Exercise
Look through the data below and return each line where "abbrev" appears.

The input
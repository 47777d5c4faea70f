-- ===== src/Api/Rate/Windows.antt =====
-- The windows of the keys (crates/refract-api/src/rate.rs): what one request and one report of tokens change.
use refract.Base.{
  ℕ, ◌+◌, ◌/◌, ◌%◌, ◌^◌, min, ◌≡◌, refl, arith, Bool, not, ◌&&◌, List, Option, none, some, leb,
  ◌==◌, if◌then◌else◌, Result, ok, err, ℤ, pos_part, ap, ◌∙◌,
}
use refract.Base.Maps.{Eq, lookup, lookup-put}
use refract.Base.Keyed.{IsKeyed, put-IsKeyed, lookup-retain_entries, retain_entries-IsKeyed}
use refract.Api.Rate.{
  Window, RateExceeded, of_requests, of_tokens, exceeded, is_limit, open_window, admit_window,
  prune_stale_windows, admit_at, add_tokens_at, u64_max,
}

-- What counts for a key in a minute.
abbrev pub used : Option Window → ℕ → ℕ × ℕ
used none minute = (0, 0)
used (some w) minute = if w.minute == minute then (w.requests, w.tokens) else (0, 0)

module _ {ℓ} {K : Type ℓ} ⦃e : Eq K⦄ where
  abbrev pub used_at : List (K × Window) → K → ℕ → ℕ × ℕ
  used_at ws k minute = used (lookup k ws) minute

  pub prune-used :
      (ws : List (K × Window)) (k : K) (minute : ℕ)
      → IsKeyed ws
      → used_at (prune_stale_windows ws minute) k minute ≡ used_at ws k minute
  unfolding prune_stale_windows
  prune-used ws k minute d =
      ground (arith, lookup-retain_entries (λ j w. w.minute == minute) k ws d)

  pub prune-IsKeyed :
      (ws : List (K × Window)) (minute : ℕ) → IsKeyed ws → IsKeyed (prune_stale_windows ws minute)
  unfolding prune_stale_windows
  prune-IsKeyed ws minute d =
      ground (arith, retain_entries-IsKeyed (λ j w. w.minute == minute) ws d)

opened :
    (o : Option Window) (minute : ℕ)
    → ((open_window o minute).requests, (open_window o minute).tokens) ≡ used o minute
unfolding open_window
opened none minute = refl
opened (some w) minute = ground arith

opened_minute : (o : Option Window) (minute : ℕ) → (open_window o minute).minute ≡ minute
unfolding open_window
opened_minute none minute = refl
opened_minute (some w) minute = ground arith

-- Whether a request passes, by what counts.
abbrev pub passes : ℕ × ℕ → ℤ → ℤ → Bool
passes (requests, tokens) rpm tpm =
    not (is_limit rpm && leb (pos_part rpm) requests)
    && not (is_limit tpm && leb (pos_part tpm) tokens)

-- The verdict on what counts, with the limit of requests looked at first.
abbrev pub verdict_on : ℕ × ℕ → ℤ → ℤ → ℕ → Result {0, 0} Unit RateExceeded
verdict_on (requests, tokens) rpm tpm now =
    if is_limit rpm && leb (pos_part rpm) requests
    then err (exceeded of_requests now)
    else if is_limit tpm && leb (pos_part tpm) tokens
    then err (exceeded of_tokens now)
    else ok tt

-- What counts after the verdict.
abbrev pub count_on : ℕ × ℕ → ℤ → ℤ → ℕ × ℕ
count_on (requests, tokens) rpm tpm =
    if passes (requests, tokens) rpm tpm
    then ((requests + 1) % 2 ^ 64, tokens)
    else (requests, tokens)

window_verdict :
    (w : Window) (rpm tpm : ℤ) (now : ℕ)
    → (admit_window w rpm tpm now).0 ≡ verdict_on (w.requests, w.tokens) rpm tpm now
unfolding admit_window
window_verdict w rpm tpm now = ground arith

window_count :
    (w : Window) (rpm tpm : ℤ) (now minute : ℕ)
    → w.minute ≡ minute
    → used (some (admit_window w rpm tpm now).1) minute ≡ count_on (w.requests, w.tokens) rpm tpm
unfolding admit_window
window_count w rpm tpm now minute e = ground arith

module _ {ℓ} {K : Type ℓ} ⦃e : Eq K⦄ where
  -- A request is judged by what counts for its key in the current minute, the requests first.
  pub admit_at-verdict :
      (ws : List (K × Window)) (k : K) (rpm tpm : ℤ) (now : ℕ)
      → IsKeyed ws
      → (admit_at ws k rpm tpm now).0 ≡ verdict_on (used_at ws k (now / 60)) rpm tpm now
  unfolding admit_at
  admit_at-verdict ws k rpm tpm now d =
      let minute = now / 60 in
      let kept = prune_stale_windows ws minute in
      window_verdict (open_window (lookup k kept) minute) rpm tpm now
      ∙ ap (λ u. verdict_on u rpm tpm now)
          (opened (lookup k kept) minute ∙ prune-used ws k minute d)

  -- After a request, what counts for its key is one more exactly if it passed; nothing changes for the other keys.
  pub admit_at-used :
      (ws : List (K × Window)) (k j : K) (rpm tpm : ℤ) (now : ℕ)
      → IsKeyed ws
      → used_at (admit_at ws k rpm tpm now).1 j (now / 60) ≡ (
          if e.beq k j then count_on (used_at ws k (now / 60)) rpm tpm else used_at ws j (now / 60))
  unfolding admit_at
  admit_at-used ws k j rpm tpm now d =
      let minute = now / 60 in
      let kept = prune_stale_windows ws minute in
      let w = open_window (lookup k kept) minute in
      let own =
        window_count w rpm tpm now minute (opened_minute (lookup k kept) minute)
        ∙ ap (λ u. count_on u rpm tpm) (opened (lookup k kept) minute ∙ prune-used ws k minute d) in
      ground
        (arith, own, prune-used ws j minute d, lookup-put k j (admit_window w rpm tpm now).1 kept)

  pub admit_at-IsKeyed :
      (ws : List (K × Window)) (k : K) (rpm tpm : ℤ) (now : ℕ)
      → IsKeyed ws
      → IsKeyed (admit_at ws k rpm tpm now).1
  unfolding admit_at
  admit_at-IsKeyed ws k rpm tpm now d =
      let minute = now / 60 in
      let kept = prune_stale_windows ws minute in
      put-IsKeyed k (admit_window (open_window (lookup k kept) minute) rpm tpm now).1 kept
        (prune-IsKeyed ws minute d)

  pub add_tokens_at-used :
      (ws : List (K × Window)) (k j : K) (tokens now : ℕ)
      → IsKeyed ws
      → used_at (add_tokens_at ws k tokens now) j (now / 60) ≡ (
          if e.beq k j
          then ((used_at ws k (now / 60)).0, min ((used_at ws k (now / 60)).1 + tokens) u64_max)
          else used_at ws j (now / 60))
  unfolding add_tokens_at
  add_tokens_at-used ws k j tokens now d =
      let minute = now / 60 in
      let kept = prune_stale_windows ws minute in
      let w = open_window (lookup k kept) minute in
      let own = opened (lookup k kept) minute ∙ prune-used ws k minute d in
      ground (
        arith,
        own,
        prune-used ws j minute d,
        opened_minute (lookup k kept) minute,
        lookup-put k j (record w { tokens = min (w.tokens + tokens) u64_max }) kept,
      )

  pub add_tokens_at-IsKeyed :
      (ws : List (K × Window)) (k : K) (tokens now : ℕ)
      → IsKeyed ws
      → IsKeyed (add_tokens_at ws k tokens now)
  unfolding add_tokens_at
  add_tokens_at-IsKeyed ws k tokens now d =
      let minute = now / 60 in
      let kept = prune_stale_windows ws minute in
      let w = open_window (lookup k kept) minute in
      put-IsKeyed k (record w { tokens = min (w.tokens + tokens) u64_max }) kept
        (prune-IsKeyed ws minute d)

Result
abbrev pub used : Option Window → ℕ → ℕ × ℕ
  abbrev pub used_at : List (K × Window) → K → ℕ → ℕ × ℕ
abbrev pub passes : ℕ × ℕ → ℤ → ℤ → Bool
abbrev pub verdict_on : ℕ × ℕ → ℤ → ℤ → ℕ → Result {0, 0} Unit RateExceeded
abbrev pub count_on : ℕ × ℕ → ℤ → ℤ → ℕ × ℕ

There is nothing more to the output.